TASK PROMPT – Write out again the entries from the first line to the line that includes "leave_pid pid name m", keeping both of those lines.

★ ★ ★ ★ ★ ★ ★

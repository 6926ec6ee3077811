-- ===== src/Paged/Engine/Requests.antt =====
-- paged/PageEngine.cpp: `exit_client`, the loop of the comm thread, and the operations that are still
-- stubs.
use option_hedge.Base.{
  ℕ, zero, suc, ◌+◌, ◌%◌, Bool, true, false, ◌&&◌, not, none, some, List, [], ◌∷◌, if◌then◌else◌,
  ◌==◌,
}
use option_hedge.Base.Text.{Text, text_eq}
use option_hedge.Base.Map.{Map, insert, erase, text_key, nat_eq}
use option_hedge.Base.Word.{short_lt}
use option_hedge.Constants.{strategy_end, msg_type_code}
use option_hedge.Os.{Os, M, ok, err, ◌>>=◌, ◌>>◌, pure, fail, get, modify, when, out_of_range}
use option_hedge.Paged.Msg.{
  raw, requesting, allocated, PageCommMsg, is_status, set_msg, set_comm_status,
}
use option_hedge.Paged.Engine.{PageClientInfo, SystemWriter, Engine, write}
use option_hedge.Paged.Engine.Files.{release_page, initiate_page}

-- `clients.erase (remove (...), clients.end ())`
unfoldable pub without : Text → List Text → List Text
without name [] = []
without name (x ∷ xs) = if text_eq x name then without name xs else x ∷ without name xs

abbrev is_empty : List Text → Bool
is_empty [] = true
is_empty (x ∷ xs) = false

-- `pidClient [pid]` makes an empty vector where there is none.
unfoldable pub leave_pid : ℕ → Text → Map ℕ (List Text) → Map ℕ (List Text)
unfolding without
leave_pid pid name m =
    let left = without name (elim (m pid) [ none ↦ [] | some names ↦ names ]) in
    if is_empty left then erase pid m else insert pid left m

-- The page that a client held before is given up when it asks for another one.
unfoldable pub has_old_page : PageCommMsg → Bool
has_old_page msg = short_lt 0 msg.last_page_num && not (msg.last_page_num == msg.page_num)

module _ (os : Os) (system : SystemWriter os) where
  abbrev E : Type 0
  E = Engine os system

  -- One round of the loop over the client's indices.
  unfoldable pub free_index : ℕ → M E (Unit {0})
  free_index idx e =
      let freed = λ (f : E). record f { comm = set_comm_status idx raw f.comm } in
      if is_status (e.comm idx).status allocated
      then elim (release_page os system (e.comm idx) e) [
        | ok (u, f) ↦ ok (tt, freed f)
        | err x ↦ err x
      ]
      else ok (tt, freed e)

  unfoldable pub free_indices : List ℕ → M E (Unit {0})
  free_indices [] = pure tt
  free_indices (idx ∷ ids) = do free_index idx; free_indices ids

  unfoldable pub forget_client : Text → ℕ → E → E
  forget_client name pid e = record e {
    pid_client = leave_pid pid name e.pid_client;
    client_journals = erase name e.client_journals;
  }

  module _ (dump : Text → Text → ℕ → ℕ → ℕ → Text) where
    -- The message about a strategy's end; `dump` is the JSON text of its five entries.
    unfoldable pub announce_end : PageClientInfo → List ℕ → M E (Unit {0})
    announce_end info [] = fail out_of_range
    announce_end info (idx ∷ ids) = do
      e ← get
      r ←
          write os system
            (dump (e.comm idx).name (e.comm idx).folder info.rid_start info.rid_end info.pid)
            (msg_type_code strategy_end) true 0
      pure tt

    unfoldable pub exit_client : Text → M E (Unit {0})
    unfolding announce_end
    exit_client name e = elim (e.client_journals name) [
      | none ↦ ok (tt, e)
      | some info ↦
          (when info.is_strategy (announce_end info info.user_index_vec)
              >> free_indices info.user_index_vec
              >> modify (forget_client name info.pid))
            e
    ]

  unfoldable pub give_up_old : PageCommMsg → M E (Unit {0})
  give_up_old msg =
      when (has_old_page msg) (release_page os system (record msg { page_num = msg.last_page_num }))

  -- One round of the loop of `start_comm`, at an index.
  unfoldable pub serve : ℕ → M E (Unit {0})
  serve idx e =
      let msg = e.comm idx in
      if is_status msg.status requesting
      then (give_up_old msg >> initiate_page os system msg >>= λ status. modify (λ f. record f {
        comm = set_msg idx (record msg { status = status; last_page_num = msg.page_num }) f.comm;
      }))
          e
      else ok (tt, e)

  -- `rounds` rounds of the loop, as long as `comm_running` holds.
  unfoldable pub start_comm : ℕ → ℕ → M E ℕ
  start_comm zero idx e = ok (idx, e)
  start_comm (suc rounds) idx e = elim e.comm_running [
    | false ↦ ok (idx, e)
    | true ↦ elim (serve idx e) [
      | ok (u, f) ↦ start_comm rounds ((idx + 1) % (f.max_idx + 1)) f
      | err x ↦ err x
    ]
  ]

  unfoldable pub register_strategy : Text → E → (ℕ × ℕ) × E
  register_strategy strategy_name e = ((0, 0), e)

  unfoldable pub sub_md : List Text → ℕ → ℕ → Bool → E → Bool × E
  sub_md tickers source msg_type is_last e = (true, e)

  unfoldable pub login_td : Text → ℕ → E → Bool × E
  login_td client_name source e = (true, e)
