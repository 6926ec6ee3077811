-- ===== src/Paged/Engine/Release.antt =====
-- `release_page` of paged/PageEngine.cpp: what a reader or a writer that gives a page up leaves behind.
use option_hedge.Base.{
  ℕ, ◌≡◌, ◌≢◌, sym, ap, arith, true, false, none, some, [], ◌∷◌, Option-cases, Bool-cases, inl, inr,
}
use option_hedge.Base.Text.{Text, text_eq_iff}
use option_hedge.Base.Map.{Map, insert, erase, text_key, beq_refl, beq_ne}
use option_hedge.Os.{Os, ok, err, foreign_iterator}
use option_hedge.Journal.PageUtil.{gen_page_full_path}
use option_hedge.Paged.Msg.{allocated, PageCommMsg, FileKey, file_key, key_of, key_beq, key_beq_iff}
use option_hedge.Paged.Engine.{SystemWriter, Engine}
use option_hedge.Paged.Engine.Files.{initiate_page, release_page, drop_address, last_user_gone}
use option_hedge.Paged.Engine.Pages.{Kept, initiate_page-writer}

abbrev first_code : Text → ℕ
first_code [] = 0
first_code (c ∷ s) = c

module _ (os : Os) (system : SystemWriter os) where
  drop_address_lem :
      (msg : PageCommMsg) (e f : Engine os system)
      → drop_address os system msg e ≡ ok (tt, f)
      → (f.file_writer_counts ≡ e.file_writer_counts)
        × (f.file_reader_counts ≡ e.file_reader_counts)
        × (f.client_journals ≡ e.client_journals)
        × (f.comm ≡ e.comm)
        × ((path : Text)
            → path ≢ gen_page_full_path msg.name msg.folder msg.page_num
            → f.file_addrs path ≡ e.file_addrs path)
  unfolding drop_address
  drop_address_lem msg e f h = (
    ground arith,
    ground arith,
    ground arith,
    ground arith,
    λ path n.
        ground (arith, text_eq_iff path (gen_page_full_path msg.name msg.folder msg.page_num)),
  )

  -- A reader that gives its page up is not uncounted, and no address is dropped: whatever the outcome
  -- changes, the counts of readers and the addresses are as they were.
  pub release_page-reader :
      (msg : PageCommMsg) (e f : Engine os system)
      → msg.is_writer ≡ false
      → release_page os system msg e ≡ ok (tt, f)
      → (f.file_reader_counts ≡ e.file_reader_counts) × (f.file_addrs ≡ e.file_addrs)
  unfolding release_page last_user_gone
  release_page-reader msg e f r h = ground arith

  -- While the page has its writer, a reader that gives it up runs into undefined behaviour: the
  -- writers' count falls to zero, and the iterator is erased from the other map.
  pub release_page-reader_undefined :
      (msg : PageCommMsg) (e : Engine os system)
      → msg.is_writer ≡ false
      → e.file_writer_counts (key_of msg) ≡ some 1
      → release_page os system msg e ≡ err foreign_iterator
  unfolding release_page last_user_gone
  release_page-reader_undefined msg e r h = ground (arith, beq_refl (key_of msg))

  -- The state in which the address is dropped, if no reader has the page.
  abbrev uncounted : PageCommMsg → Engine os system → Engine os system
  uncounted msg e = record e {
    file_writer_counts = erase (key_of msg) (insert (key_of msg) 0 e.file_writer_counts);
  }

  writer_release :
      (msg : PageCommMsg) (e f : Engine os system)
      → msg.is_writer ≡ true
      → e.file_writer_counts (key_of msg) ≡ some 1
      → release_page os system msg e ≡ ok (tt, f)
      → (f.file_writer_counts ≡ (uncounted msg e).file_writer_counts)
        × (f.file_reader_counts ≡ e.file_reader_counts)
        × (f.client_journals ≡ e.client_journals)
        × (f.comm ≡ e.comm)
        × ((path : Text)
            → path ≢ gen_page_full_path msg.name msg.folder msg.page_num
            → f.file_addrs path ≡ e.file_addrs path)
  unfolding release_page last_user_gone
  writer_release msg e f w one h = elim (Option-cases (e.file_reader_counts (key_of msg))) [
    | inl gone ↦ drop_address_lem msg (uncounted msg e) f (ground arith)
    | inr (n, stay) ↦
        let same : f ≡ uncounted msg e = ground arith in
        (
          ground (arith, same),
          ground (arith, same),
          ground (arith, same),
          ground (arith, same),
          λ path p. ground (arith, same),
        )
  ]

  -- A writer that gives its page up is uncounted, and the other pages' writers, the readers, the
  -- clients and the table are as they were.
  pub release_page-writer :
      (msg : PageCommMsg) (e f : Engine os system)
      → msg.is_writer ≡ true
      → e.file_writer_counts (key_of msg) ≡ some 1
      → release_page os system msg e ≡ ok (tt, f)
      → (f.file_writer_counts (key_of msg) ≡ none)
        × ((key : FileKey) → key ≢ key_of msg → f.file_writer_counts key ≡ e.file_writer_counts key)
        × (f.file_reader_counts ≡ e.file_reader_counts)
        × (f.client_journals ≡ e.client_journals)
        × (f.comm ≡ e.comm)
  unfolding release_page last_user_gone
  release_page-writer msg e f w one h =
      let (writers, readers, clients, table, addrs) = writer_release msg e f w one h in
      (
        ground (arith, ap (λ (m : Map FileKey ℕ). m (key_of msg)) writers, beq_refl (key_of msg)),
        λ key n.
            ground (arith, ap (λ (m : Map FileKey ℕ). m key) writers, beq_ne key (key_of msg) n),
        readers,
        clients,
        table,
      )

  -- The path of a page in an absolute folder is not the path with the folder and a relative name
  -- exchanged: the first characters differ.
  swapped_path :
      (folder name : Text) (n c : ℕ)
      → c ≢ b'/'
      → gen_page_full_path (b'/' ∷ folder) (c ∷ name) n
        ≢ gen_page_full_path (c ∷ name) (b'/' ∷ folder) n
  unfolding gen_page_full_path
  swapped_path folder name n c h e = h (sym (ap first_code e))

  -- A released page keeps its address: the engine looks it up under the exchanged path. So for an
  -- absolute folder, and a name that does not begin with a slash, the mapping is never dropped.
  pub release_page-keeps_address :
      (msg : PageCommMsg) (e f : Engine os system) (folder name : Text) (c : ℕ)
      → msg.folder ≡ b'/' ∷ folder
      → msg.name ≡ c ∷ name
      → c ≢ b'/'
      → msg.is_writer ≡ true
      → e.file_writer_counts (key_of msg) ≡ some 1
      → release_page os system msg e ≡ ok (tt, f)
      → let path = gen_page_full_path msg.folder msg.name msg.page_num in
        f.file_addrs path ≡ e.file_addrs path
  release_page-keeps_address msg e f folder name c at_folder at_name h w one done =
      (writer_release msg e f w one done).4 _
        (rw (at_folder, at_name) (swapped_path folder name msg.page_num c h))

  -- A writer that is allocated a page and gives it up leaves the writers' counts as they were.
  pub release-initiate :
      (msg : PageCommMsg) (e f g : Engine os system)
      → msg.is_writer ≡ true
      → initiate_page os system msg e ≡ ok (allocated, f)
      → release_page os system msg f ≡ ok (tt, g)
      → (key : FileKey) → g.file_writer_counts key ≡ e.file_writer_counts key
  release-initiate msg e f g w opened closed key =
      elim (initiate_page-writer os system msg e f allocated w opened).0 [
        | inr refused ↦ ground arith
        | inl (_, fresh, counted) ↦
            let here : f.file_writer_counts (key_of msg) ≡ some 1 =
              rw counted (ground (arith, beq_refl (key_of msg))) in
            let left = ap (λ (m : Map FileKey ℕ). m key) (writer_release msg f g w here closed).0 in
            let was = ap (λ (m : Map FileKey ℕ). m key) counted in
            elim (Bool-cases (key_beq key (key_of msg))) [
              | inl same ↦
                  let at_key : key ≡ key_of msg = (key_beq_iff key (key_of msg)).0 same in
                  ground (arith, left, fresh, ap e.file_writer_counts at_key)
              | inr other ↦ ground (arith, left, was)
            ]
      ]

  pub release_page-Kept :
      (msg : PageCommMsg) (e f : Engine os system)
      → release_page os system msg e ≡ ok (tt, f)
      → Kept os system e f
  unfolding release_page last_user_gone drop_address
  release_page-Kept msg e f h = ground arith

★ ★ ★ ★ ★ ★ ★

WRITTEN REPLY –
repository 6926ec6ee3077811
-- ===== src/Paged/Engine/Requests.antt =====
-- paged/PageEngine.cpp: `exit_client`, the loop of the comm thread, and the operations that are still
-- stubs.
use option_hedge.Base.{
  ℕ, zero, suc, ◌+◌, ◌%◌, Bool, true, false, ◌&&◌, not, none, some, List, [], ◌∷◌, if◌then◌else◌,
  ◌==◌,
}
use option_hedge.Base.Text.{Text, text_eq}
use option_hedge.Base.Map.{Map, insert, erase, text_key, nat_eq}
use option_hedge.Base.Word.{short_lt}
use option_hedge.Constants.{strategy_end, msg_type_code}
use option_hedge.Os.{Os, M, ok, err, ◌>>=◌, ◌>>◌, pure, fail, get, modify, when, out_of_range}
use option_hedge.Paged.Msg.{
  raw, requesting, allocated, PageCommMsg, is_status, set_msg, set_comm_status,
}
use option_hedge.Paged.Engine.{PageClientInfo, SystemWriter, Engine, write}
use option_hedge.Paged.Engine.Files.{release_page, initiate_page}

-- `clients.erase (remove (...), clients.end ())`
unfoldable pub without : Text → List Text → List Text
without name [] = []
without name (x ∷ xs) = if text_eq x name then without name xs else x ∷ without name xs

abbrev is_empty : List Text → Bool
is_empty [] = true
is_empty (x ∷ xs) = false

-- `pidClient [pid]` makes an empty vector where there is none.
unfoldable pub leave_pid : ℕ → Text → Map ℕ (List Text) → Map ℕ (List Text)
unfolding without
leave_pid pid name m =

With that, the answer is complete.